ロンレイをどこかで寝かせるのは悪いし、リンデェンがどこかで寝れば
リンシィーとロンレイの2人で寝ることになる。気まづいかか……
でも、リンシィーを1人にするのは、気が引けた。
「私が1人で寝ても構わないんだけど……2人は少し気疲れするかな。 」
リンシィーは目で訴えかけてきている。
それだけは嫌だ、と。
「私が何処か願うところで寝ます。2人はどうぞお気遣いなく。」
リンシィーがそう言った。
本当は、ロンレイが何処かで寝ることを望んでいるはずだ。
仕方なく、妥協 という表情だった。
ロンレイは、自分が1人で寝る なんて言いそうにないし、選択肢はそれしかなかったことに気づいたのだろう。

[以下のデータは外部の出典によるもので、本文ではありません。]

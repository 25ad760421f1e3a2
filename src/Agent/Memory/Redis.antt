-- ===== src/Agent/Memory/Redis.antt =====
-- crates/voice_server/src/agent/redis_store.rs: the store that instances share. The Redis commands and
-- the JSON codec are parameters with the behaviour that their documentation states.
use voice_ai.Base.{
  ℕ, suc, ◌+◌, ◌-◌, ◌%◌, ◌^◌, max, ltb, if◌then◌else◌, ◌⊎◌, ◌≡◌, Option, none, some, List, [], ◌∷◌,
  ◌++◌, take, reverse, Str, str_eq,
}
use voice_ai.Agent.Memory.{Message, MemoryStore}

pub data ℤ : Type 0 where
  pos negsuc : ℕ → ℤ

-- The `as i64` of a `u64`.
unfoldable pub as_i64 : ℕ → ℤ
as_i64 n = let m = n % 2 ^ 64 in if ltb m (2 ^ 63) then pos m else negsuc (2 ^ 64 - 1 - m)

-- The commands that the store sends; `none` is an error reply or a lost connection. `items` is the
-- list under a key, head first, and `Healthy` says that the commands go through.
pub record RedisServer : Type 1 where
  pub Db : Type 0
  pub lrange_all : Db → Str → Option (List Str)
  pub lpush : Db → Str → Str → Option Db
  pub ltrim : Db → Str → ℕ → Option Db
  pub expire : Db → Str → ℤ → Option Db
  pub del : Db → Str → Option Db
  pub llen : Db → Str → Option ℕ
  pub items : Db → Str → List Str
  pub Healthy : Db → Type 0

-- The documented behaviour of the commands on a list, for calls between which no time to live ends.
-- `EXPIRE` refuses a number of seconds that is too large, keeps the list for another positive number,
-- and deletes the key for the number 0.
pub record RedisLaws (r : RedisServer) : Type 0 where
  pub lrange_law : (d : r.Db) (k : Str) → r.Healthy d → r.lrange_all d k ≡ some (r.items d k)
  pub lpush_law :
      (d : r.Db) (k v : Str)
      → r.Healthy d
      → (e : r.Db) × (r.lpush d k v ≡ some e) × r.Healthy e × (r.items e k ≡ v ∷ r.items d k)
  pub ltrim_law :
      (d : r.Db) (k : Str) (upper : ℕ)
      → r.Healthy d
      → (e : r.Db) × (r.ltrim d k upper ≡ some e)
        × r.Healthy e
        × (r.items e k ≡ take (upper + 1) (r.items d k))
  pub expire_law :
      (d : r.Db) (k : Str) (secs : ℕ)
      → r.Healthy d
      → (r.expire d k (pos (suc secs)) ≡ none)
        ⊎ ((e : r.Db) × (r.expire d k (pos (suc secs)) ≡ some e)
            × r.Healthy e
            × (r.items e k ≡ r.items d k))
  pub expire_zero_law :
      (d : r.Db) (k : Str)
      → r.Healthy d
      → (e : r.Db) × (r.expire d k (pos 0) ≡ some e) × r.Healthy e × (r.items e k ≡ [])

pub record JsonCodec : Type 0 where
  pub to_string : Message → Option Str
  pub from_str : Str → Option Message

-- `serde_json` writes every message, and reads back what it wrote.
pub record JsonLaws (j : JsonCodec) : Type 0 where
  pub round_trip : (m : Message) → (s : Str) × (j.to_string m ≡ some s) × (j.from_str s ≡ some m)

module _ (r : RedisServer) (j : JsonCodec) where
  pub record RedisStore : Type 0 where
    pub db : r.Db
    pub window_size : ℕ
    pub key_prefix : Str
    pub ttl_secs : ℕ

  unfoldable pub connect_with_prefix : r.Db → ℕ → Str → ℕ → RedisStore
  connect_with_prefix db window_size key_prefix ttl_secs = record {
    db = db;
    window_size = max window_size 1;
    key_prefix = key_prefix;
    ttl_secs = ttl_secs;
  }

  abbrev pub key : RedisStore → Str → Str
  key s sid = s.key_prefix ++ sid

  -- `filter_map`: an entry that is no message is skipped.
  unfoldable pub decode_all : List Str → List Message
  decode_all [] = []
  decode_all (s ∷ ss) =
      let rest = decode_all ss in elim (j.from_str s) [ none ↦ rest | some m ↦ m ∷ rest ]

  unfoldable pub history : RedisStore → Str → List Message
  history s sid = elim (r.lrange_all s.db (key s sid)) [
    | none ↦ []
    | some raw ↦ reverse (decode_all (reverse raw))
  ]

  -- A failed `LTRIM` or `EXPIRE` is logged, and the call goes on.
  abbrev pub or_same : Option r.Db → r.Db → r.Db
  or_same (some e) d = e
  or_same none d = d

  unfoldable pub append : RedisStore → Str → Message → RedisStore
  unfolding as_i64
  append s sid m = elim (j.to_string m) [
    | none ↦ s
    | some payload ↦ elim (r.lpush s.db (key s sid) payload) [
      | none ↦ s
      | some d1 ↦
          let d2 = or_same (r.ltrim d1 (key s sid) (s.window_size - 1)) d1 in
          let d3 = or_same (r.expire d2 (key s sid) (as_i64 s.ttl_secs)) d2 in record s { db = d3 }
    ]
  ]

  unfoldable pub clear : RedisStore → Str → RedisStore
  clear s sid = record s { db = or_same (r.del s.db (key s sid)) s.db }

  unfoldable pub len : RedisStore → Str → ℕ
  len s sid = elim (r.llen s.db (key s sid)) [ none ↦ 0 | some n ↦ n ]

  unfoldable pub append_all : RedisStore → Str → List Message → RedisStore
  append_all s sid [] = s
  append_all s sid (m ∷ ms) = append_all (append s sid m) sid ms

abbrev pub redis_store : (r : RedisServer) → JsonCodec → MemoryStore
redis_store r j = record {
  State = RedisStore r j;
  history = history r j;
  append = append r j;
  clear = clear r j;
  len = len r j;
}
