-- ===== src/Agent/Memory/RedisOrder.antt =====
-- The order in which the Redis store gives the messages of a session.
use voice_ai.Base.{some, ℕ, suc, ◌-◌, ◌≤◌, ◌≡◌, refl, ap, ◌∙◌, List, [], map, Str}
use voice_ai.Agent.Memory.{Message}
use voice_ai.Agent.Memory.Redis.{
  RedisServer, RedisLaws, pos, as_i64, JsonCodec, JsonLaws, RedisStore, key, decode_all, history,
  append,
}

-- The time to live is a positive number also as an `i64`.
abbrev pub IsPositive : ℕ → Type 0
IsPositive ttl_secs = (n : ℕ) × (as_i64 ttl_secs ≡ pos (suc n))

module _ (r : RedisServer) (j : JsonCodec) (rl : RedisLaws r) (jl : JsonLaws j) where
  encode : Message → Str
  encode m = (jl.round_trip m).0

  -- The list under the session's key holds these messages, newest first.
  record Holds (s : RedisStore r j) (sid : Str) (newest_first : List Message) : Type 0 where
    healthy : r.Healthy s.db
    held : r.items s.db (key r j s sid) ≡ map encode newest_first
    room : 1 ≤ s.window_size
    ttl : IsPositive s.ttl_secs

  -- Over a healthy server, a time to live of 0 seconds leaves nothing of a session after each message
  -- that is appended.
  pub redis_forgets :
      (s : RedisStore r j) (sid : Str) (m : Message)
      → r.Healthy s.db
      → s.ttl_secs ≡ 0
      → history r j (append r j s sid m) sid ≡ []
  unfolding append history encode as_i64 decode_all
  redis_forgets s sid m healthy never =
      let k = key r j s sid in
      let (d1, e1, h1, i1) = rl.lpush_law s.db k (encode m) healthy in
      let (d2, e2, h2, i2) = rl.ltrim_law d1 k (s.window_size - 1) h1 in
      let (d3, e3, h3, i3) = rl.expire_zero_law d2 k h2 in
      let due : r.expire d2 k (as_i64 s.ttl_secs) ≡ some d3 =
        ap (λ n. r.expire d2 k (as_i64 n)) never ∙ e3 in
      let after : append r j s sid m ≡ record s { db = d3 } =
        rw ((jl.round_trip m).1, e1, e2, due, append) refl in
      rw after (rw (rl.lrange_law d3 k h3, i3, history) refl)
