-- ===== src/Agent/Memory/Tests.antt =====
-- The memory stores on a concrete conversation.
use voice_ai.Base.{
  suc, zero, inr, ℕ, ◌+◌, ◌≡◌, refl, max, Option, none, some, List, [], ◌∷◌, take, if◌then◌else◌,
  Str, str_eq, ◌is◌, is_refl, last_part, ◌==◌, lookup, insert,
}
use voice_ai.Agent.Memory.{Role, system, user, assistant, Message, IsWindow}
use voice_ai.Agent.Memory.ShortTerm
use voice_ai.Agent.Memory.InMemory
use voice_ai.Agent.Memory.InMemory.{in_memory_store, IsSound, in_memory_store-IsWindow}
use voice_ai.Agent.Memory.Window.{Call, appends, calls, said, in_memory-history}
use voice_ai.Agent.Memory.Redis.{
  ℤ, pos, negsuc, RedisServer, RedisLaws, JsonCodec, JsonLaws, connect_with_prefix, history, append,
}
use voice_ai.Agent.Memory.RedisOrder.{redis_forgets}

abbrev hello : Message
hello = record { role = user; content = 1 ∷ 2 ∷ [] }

abbrev reply : Message
reply = record { role = assistant; content = 3 ∷ [] }

abbrev question : Message
question = record { role = user; content = 4 ∷ [] }

abbrev alice : Str
alice = 7 ∷ []

abbrev talk : List Call
talk =
    appends alice hello ∷ appends (8 ∷ []) reply ∷ appends alice reply ∷ appends alice question ∷ []

two_kept :
    InMemory.history (calls in_memory_store (InMemory.new 2) talk) alice ≡ reply ∷ question ∷ []
unfolding InMemory.history InMemory.append InMemory.mem_for InMemory.new ShortTerm.push
    ShortTerm.new ShortTerm.history lookup insert
two_kept = refl

in_memory-history_example :
    in_memory_store.history (calls in_memory_store (InMemory.new 2) talk) alice
    ≡ last_part (max 2 1) (said alice talk)
in_memory-history_example = in_memory-history 2 talk alice

in_memory_store-IsWindow_example : IsWindow in_memory_store 2 (IsSound 2)
in_memory_store-IsWindow_example = in_memory_store-IsWindow 2

-- A server that answers every command, and a codec of one number and the content.
abbrev without : Str → (Str → List Str) → Str → List Str
without k d j = if k is j then [] else d j

-- A number that is not positive deletes the key.
abbrev expire_at : (Str → List Str) → Str → ℤ → Option (Str → List Str)
expire_at d k (pos zero) = some (without k d)
expire_at d k (pos (suc n)) = some d
expire_at d k (negsuc n) = some (without k d)

abbrev server : RedisServer
server = record {
  Db = Str → List Str;
  lrange_all = λ d k. some (d k);
  lpush = λ d k v. some (λ j. if k is j then v ∷ d j else d j);
  ltrim = λ d k upper. some (λ j. if k is j then take (upper + 1) (d j) else d j);
  expire = expire_at;
  del = λ d k. some (λ j. if k is j then [] else d j);
  llen = λ d k. some 0;
  items = λ d k. d k;
  Healthy = λ d. Unit {0};
}

server_laws : RedisLaws server
server_laws = record {
  lrange_law = λ d k h. refl;
  lpush_law = λ d k v h. ((λ j. if k is j then v ∷ d j else d j), refl, tt, rw (is_refl k) refl);
  ltrim_law = λ d k upper h.
      ((λ j. if k is j then take (upper + 1) (d j) else d j), refl, tt, rw (is_refl k) refl);
  expire_law = λ d k secs h. inr (d, refl, tt, refl);
  expire_zero_law = λ d k h. (without k d, refl, tt, rw (is_refl k) refl);
}

abbrev role_code : Role → ℕ
role_code system = 0
role_code user = 1
role_code assistant = 2

abbrev role_of : ℕ → Role
role_of n = if n == 0 then system else if n == 1 then user else assistant

abbrev read_message : Str → Option Message
read_message [] = none
read_message (c ∷ rest) = some (record { role = role_of c; content = rest })

abbrev codec : JsonCodec
codec = record { to_string = λ m. some (role_code m.role ∷ m.content); from_str = read_message }

role_round_trip : (r : Role) → role_of (role_code r) ≡ r
role_round_trip system = refl
role_round_trip user = refl
role_round_trip assistant = refl

codec_laws : JsonLaws codec
codec_laws = record {
  round_trip = λ m. (role_code m.role ∷ m.content, refl, rw (role_round_trip m.role) refl);
}

redis_forgets_example :
    history server codec
      (append server codec (connect_with_prefix server codec (λ k. []) 2 [] 0) alice hello)
      alice
    ≡ []
unfolding connect_with_prefix
redis_forgets_example =
    redis_forgets server codec server_laws codec_laws
      (connect_with_prefix server codec (λ k. []) 2 [] 0) alice hello tt refl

「本当に? 俺が1人で寝た方がいいと思ってたんだけど…… 」
申し訳なさそうに言うロンレイの顔に、
嘘っぽさを感じなかった。
「ある意味客人ですから、客人をそこらで寝かせる訳には行きません。これは、デェン師の
教えにもありましたので。」
これが本心なのか、どうなのか。
少しは心からそう思っていてほしい。
「それじゃあ、そういうことでいいかな。リンシィーには感謝しよう。」
ロンレイもありがとう と続けた。
三人は夕食を食べ終わると、少しの間そのままの体制で話をした。
「ロンレイ道士、両親は心配なさられないのですか?長い間、歩いていると聞きましたが。」
たしかにリンデェンもそう思っていたが、何だか聞きにくくて聞けずにいた。
遠慮なく聞いてくれたリンシィーに、心内で感謝する。
「俺の親は兄弟たちに付きっきりだから、居なくなっても分からないかもね。」
笑っているが、リンデェンには心からの笑顔だとは到底思えなかった。
リンシィーもこの返答を聞いて、少し聞いたのを後悔したのかもしれない。
何も言わなくなってしまった。
静かな空間が訪れる。
切り替えるようにリンデェンが口を挟んだ。
「少し散策へ行ってようと思うんだけど、遅くなるかもしれないし、先に寝ていて構わないよ。」
そう言って立ち上がった。
すると、ロンレイも続いて立ち上がった。
「俺もついて行くよ。いい?」
やっぱりそうだよな……
それを狙っていたまであるが、
「構わないさ。」
とだけ残し、扉をあけて進んで行った。
残されたリンシィーは、自分の寝る場所を整え、何かを書き記していた。